The greater issue is control of information.
[snip]
This -- this creepy silence -- will be the consequence of dusting off rarely used statutes to still the tongues of leakers and intimidate the press in its pursuit of truth, fame and choice restaurant tables. Apres Miller comes moi .
I think there's a sense among the press that this thing is about to blow open. When it does, it will bring down not just Rove and Libby and their co-conspirators. It will tarnish not just the Grey Lady's already questionable reputation. It will blow open the whole parasitic industry of leaks they call DC journalism. Expose it for the sham it is.
So I guess Cohen was right about one thing. After this does blow open, it won't just be Judy Miller's reporting that comes under scrutiny. It'll be the whole system of leaks, in all its disgusting squalor.
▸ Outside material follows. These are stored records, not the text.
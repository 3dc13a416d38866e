-- ===== src/Pipeline/SpscQueue/Runs.antt =====
-- A queue from its construction on, under any sequence of calls of its two workers.
use io_uring_async_load_proc.Prelude.{
  ℕ, zero, suc, ◌+◌, ◌-◌, ◌%◌, ◌≤◌, ◌<◌, ◌≡◌, ◌≢◌, refl, ap, ap₂, subst, Option, none, some, List,
  [], ◌∷◌, ◌++◌, map, arith, length, replicate, length-replicate, get_or-replicate,
}
use io_uring_async_load_proc.Exception.{Exception, ok, throw}
use io_uring_async_load_proc.Metrics.Gauge.{Observed, Observed-reset, Gauge, value_max}
use io_uring_async_load_proc.Pipeline.Channel.{Channel, Status, abort}
use io_uring_async_load_proc.Pipeline.Channel.Fifo.{
  Call, pushes, pops, closes, fails, Reply, pushed, popped, quiet, sent, received, NotFailed,
  limit-run, run-balance,
}
use io_uring_async_load_proc.Pipeline.Channel.Fifo
use io_uring_async_load_proc.Pipeline.SpscQueue.{
  new_observed_queue, SpscQueue, State, new_queue, push, pop, close, fail, discard_queued_values,
}
use io_uring_async_load_proc.Pipeline.SpscQueue.Ring.{window}
use io_uring_async_load_proc.Pipeline.SpscQueue.View.{
  Represents, SameStatus, is_failed, is_opened, is_closed,
}
use io_uring_async_load_proc.Pipeline.SpscQueue.Refine.{push_refines, pop_refines, close_refines}

NotFailed-status :
    {s : State} {f : Option Exception} (st : Status)
    → SameStatus s f st
    → s ≢ State.failed
    → NotFailed st
NotFailed-status Status.opened same ne = tt
NotFailed-status Status.closed same ne = tt
NotFailed-status (Status.failed e) same ne = absurd (ne (is_failed e same).0)

module _ {ℓ} {A : Type ℓ} where
  window-replicate :
      (cap m n h : ℕ) → window {A = Option A} none cap (replicate m none) h n ≡ replicate n none
  window-replicate cap m zero h = refl
  window-replicate cap m (suc n) h =
      ap₂ ◌∷◌ (get_or-replicate m h none) (window-replicate cap m n ((h + 1) % cap))

  map-none : (xs : List (Option A)) → map {B = Option A} (λ _. none) xs ≡ replicate (length xs) none
  map-none [] = refl
  map-none (x ∷ xs) = ap (λ t. none ∷ t) (map-none xs)

  abbrev cleared : ℕ → State → Option Exception → Option Gauge → SpscQueue A
  cleared n s f g = record {
    slots = replicate n none;
    head = 0;
    tail = 0;
    size = 0;
    state = s;
    failure = f;
    depth_metric = g;
  }

  cleared-Represents :
      (n : ℕ) (s : State) (f : Option Exception) (g : Option Gauge) (st : Status)
      → 0 < n
      → n ≤ value_max
      → SameStatus s f st
      → Observed g 0 n
      → Represents (cleared n s f g) (record { items = []; status = st; limit = n })
  cleared-Represents n s f g st pos small same o =
      let len = length-replicate {A = Option A} n none in
      record {
        capacity_pos = rw len pos;
        capacity_small = rw len small;
        head_in = rw len pos;
        size_in = omega arith;
        tail_at = rw len (omega arith);
        occupied = refl;
        vacant = rw len (window-replicate n n (n - 0) 0);
        same_size = refl;
        same_limit = len;
        same_status = same;
        observed = rw len o;
      }

  -- A queue that the constructor accepts is empty and open.
  pub new_queue-Represents :
      (capacity : ℕ) {q : SpscQueue A}
      → capacity ≤ value_max
      → new_queue capacity ≡ ok q
      → Represents q (record { items = []; status = Status.opened; limit = capacity })
  unfolding new_queue
  new_queue-Represents zero {q} small e = cc
  new_queue-Represents (suc n) {q} small e =
      let same : cleared (suc n) State.opened none none ≡ q = ground arith in
      subst (λ q. Represents q (record { items = []; status = Status.opened; limit = suc n })) same
        (cleared-Represents (suc n) State.opened none none Status.opened (omega arith) small
          (SameStatus.opened refl) tt)

  -- The same with a fresh depth gauge.
  pub new_observed_queue-Represents :
      (capacity : ℕ) (depth : Gauge) {q : SpscQueue A}
      → capacity ≤ value_max
      → new_observed_queue capacity depth ≡ ok q
      → Represents q (record { items = []; status = Status.opened; limit = capacity })
  unfolding new_observed_queue new_queue
  new_observed_queue-Represents zero depth {q} small e = absurd (ground arith)
  new_observed_queue-Represents (suc n) depth {q} small e =
      let fresh : (depth.current ≡ 0) × (depth.high_watermark ≡ 0) = ground arith in
      let same : cleared (suc n) State.opened none (some depth) ≡ q = ground arith in
      subst (λ q. Represents q (record { items = []; status = Status.opened; limit = suc n })) same
        (cleared-Represents (suc n) State.opened none (some depth) Status.opened (omega arith) small
          (SameStatus.opened refl) (ground arith))

  fail-live :
      (q : SpscQueue A) (e : Exception)
      → q.state ≢ State.failed
      → fail q (some e)
        ≡ ok (discard_queued_values (record q { state = State.failed; failure = some e }))
  unfolding fail
  fail-live q e ne = ground arith

  fail-again : (q : SpscQueue A) (e : Exception) → q.state ≡ State.failed → fail q (some e) ≡ ok q
  unfolding fail
  fail-again q e h = ground arith

  discard-Represents :
      {q : SpscQueue A} {c : Channel A} (e : Exception)
      → Represents q c
      → Represents
          (discard_queued_values (record q { state = State.failed; failure = some e }))
          (record { items = []; status = Status.failed e; limit = c.limit })
  unfolding discard_queued_values
  discard-Represents {q} {c} e r =
      rw (map-none q.slots, ← r.same_limit)
        (cleared-Represents (length q.slots) State.failed (some e) _ (Status.failed e)
          r.capacity_pos r.capacity_small (SameStatus.failed e refl refl)
          (Observed-reset q.depth_metric q.size (length q.slots) r.observed))

  -- `fail` with an exception discards what is queued; the first exception stays.
  fail_status :
      {q : SpscQueue A} (items : List A) (limit : ℕ) (s : Status) (e : Exception)
      → Represents q (record { items = items; status = s; limit = limit })
      → (q' : SpscQueue A) × (fail q (some e) ≡ ok q')
        × Represents q' (abort (record { items = items; status = s; limit = limit }) e)
  unfolding abort
  fail_status {q} items limit Status.opened e r =
      (_, fail-live q e (λ h. cc (is_opened r.same_status)), discard-Represents e r)
  fail_status {q} items limit Status.closed e r =
      (_, fail-live q e (λ h. cc (is_closed r.same_status)), discard-Represents e r)
  fail_status {q} items limit (Status.failed d) e r =
      (q, fail-again q e (is_failed d r.same_status).0, r)

  -- A call of a worker. The exception handed to `fail` is never null.
  unfoldable pub step : SpscQueue A → Call A → Reply A × SpscQueue A
  step q (pushes v) = let (o, q') = push q v in (pushed v o, q')
  step q pops = let (o, q') = pop q in (popped o, q')
  step q closes = (quiet, close q)
  step q (fails e) = (quiet, elim (fail q (some e)) [ ok q' ↦ q' | throw _ ↦ q ])

  unfoldable pub run : SpscQueue A → List (Call A) → List (Reply A) × SpscQueue A
  run q [] = ([], q)
  run q (call ∷ calls) =
      let (reply, q') = step q call in let (replies, q'') = run q' calls in (reply ∷ replies, q'')

  pub step_refines :
      (call : Call A) {q : SpscQueue A} {c : Channel A}
      → Represents q c
      → ((step q call).0 ≡ (Fifo.step c call).0) × Represents (step q call).1 (Fifo.step c call).1
  unfolding step Fifo.step
  step_refines (pushes v) r = let (e, r') = push_refines v r in (ap (pushed v) e, r')
  step_refines pops r = let (e, r') = pop_refines r in (ap popped e, r')
  step_refines closes r = (refl, close_refines r)
  step_refines (fails e) {q} {c} r =
      let (q', h, r') = fail_status c.items c.limit c.status e r in (refl, rw (h, step) r')

  -- No sequence of calls tells a queue from the channel that it represents.
  pub run_refines :
      (calls : List (Call A)) {q : SpscQueue A} {c : Channel A}
      → Represents q c
      → ((run q calls).0 ≡ (Fifo.run c calls).0) × Represents (run q calls).1 (Fifo.run c calls).1
  unfolding run Fifo.run
  run_refines [] r = (refl, r)
  run_refines (call ∷ calls) r =
      let (e, r') = step_refines call r in
      let (es, r'') = run_refines calls r' in (ap₂ ◌∷◌ e es, r'')

  -- Take a queue that the constructor accepts for a capacity below 2 ^ 63, and make any calls on it.
  -- If no failure was reported, the values that `push` put in are, in order, those that `pop` gave
  -- out followed by those still queued, of which there are as many as the size says and no more
  -- than the capacity.
  pub run-fifo :
      (capacity : ℕ) (calls : List (Call A)) {q : SpscQueue A}
      → capacity ≤ value_max
      → new_queue capacity ≡ ok q
      → (run q calls).1.state ≢ State.failed
      → (queued : List A) × (sent (run q calls).0 ≡ received (run q calls).0 ++ queued)
        × ((run q calls).1.size ≡ length queued)
        × (length queued ≤ capacity)
  run-fifo capacity calls {q} small e alive =
      let c : Channel A = record { items = []; status = Status.opened; limit = capacity } in
      let (same, r) = run_refines calls {q = q} {c = c} (new_queue-Represents capacity small e) in
      let (_, balance) =
        run-balance calls c (NotFailed-status (Fifo.run c calls).1.status r.same_status alive) in
      (
        (Fifo.run c calls).1.items,
        rw same balance,
        r.same_size,
        omega (arith, r.same_size, r.size_in, r.same_limit, limit-run calls c),
      )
The fearful denials you hear all over DC's punditry is worry not about press freedom, but worry that their own complicity will be exposed.
Well, the NYT magnum opus on Miller/plame is supposed to be out Sunday, whether or not Miller participates. It'll be interesting to see whether it's a real investigative journalism piece or an ass-saving whitewash.
Posted by: pontificator | October 13, 2005 at 15:49
Oh, I would bet my ass that they're just trying to save theirs.
Must schedule time to rip that to shreds. Do you think they'll admit Jill Abramson has been lying HER ass off? Do you think they'll admit they had already but the shilly girl on ice, which is why she couldn't leak Plame's identity?
Posted by: emptywheel | October 13, 2005 at 15:52
Precisely. A terrible price is paid for the Washington Press Corp's special and secretive system of access, and that price is paid in the loss of press integrity and the American's people's ability to make informed judgements.
Cohen's main advantage over a blogger is this whorish access, and he does not want it devalued and replaced by facts or fairness.
Posted by: bob mcmanus | October 13, 2005 at 15:58
According to the NY Observer, the investigative piece is being run by the following individuals
I guess there are two questions:
1. Are these individuals entirely independent from the Abramson/Miller apparatus?
2. If so, will they have sufficient freedom to right a piece that criticizes their employer?
Posted by: pontificator | October 13, 2005 at 15:58
In the (very) old days, when I was on the police beat - in Colorado and Wyoming - a prosecutor NEVER gave press conferences, and people took grand jury secrecy so seriously that hardly any reporters I knew ever even tried to obtain such information. It was always: Wait for the trial. And even then, rarely did the defense or prosecution give interviews until the jury had returned with a verdict.
You can imagine my shock observing the out-of-the-court feeding frenzy of the O.J. trial.
I have some sympathy for DC journalists. Like journalists anywhere, they depend on inside information and they've got deadlines. So they take shortcuts. This can lead to shallow reporting, but it need not lead to the spreading of outright lies.
Where the Beltway Brigadistas truly fail, of course, is by being willing hod carriers for propaganda, a term we've gussied up lately by calling it "talking points."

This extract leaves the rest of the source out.